** Supplied entries **
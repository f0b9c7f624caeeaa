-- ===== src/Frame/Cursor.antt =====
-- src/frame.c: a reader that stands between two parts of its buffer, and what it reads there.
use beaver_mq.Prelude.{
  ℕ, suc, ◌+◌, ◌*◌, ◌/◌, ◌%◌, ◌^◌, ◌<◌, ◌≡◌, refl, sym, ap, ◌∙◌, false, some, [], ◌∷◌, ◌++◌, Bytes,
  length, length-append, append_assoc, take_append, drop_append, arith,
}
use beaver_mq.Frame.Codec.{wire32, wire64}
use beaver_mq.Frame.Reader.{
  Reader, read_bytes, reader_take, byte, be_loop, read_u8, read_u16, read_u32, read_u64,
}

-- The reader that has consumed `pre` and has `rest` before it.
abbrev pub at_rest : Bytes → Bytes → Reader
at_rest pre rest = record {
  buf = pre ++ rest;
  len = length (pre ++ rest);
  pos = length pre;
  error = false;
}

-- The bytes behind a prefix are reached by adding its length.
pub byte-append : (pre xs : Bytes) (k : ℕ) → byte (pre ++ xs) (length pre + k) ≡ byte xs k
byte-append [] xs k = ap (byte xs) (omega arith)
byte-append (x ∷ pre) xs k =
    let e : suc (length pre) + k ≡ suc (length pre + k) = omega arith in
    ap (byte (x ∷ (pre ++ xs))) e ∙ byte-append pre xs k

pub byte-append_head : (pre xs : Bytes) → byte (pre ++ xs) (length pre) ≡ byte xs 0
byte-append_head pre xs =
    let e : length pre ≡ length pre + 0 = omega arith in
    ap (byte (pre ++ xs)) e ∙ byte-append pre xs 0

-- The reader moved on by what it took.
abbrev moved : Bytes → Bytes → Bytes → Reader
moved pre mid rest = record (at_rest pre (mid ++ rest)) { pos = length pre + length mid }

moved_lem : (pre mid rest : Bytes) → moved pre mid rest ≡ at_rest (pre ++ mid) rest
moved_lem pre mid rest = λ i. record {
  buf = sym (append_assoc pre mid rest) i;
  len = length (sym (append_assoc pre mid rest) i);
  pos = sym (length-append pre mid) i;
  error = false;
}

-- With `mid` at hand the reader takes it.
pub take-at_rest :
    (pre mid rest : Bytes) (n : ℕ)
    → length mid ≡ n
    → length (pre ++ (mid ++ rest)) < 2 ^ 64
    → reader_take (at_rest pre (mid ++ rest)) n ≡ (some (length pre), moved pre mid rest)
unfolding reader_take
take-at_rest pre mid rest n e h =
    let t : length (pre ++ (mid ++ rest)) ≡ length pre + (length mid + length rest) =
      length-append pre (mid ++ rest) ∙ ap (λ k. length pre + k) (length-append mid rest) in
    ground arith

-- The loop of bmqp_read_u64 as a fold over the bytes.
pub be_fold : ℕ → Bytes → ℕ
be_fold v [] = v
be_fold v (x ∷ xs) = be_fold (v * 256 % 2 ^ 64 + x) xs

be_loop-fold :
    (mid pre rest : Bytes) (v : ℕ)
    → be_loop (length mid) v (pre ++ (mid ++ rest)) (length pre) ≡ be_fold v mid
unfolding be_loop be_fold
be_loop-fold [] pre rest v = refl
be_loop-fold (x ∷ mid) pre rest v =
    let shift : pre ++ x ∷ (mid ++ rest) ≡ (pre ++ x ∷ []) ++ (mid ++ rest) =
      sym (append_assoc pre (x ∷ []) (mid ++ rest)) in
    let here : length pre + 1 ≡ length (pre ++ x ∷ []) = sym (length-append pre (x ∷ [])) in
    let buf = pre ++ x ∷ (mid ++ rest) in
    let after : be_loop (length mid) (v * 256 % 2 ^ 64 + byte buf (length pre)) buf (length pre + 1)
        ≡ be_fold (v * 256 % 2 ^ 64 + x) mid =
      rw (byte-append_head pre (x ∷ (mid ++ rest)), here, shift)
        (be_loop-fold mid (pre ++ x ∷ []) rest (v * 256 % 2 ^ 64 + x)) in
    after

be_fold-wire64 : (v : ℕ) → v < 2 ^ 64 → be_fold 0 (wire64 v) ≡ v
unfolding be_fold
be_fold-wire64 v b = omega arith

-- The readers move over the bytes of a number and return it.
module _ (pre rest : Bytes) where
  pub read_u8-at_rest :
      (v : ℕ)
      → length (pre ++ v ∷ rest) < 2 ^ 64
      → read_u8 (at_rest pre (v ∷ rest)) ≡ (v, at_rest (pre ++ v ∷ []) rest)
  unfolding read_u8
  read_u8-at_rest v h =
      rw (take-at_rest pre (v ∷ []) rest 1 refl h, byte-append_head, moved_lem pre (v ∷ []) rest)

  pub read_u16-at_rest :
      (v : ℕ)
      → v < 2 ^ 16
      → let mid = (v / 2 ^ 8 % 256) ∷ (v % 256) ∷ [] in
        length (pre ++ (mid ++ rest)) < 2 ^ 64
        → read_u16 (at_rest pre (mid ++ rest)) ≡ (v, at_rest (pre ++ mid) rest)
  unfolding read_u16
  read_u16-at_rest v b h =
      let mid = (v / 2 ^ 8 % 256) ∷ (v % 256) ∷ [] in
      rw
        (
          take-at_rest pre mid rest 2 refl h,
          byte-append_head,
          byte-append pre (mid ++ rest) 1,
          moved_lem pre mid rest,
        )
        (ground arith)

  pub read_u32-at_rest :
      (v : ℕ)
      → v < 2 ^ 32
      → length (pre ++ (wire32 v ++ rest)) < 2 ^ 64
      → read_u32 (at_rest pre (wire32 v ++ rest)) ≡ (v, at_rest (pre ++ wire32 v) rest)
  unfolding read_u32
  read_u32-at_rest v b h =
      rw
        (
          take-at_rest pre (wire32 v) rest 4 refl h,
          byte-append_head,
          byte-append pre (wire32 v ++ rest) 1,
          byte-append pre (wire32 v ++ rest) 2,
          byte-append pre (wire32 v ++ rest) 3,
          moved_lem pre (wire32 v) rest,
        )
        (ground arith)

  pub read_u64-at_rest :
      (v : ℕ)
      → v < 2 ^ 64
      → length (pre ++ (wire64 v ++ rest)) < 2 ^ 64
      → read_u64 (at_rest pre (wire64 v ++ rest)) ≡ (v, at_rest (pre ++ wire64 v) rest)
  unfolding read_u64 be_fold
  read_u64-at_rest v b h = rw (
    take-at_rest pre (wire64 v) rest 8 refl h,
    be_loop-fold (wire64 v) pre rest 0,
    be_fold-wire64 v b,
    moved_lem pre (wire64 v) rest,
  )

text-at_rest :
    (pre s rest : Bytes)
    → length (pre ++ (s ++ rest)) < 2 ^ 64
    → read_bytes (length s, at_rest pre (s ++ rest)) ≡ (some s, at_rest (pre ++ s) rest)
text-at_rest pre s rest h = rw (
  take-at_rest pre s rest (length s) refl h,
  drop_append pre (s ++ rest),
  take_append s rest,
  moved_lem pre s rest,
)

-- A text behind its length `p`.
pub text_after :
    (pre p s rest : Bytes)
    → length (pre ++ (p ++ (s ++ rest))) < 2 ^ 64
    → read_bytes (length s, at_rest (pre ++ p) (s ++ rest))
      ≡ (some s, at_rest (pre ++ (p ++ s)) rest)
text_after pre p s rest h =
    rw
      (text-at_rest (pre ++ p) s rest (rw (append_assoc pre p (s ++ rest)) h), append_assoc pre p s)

** What needs to be done **
Using the listing above, list every line in which the string "abbrev" occurs.

** Exercise output **
abbrev pub at_rest : Bytes → Bytes → Reader
abbrev moved : Bytes → Bytes → Bytes → Reader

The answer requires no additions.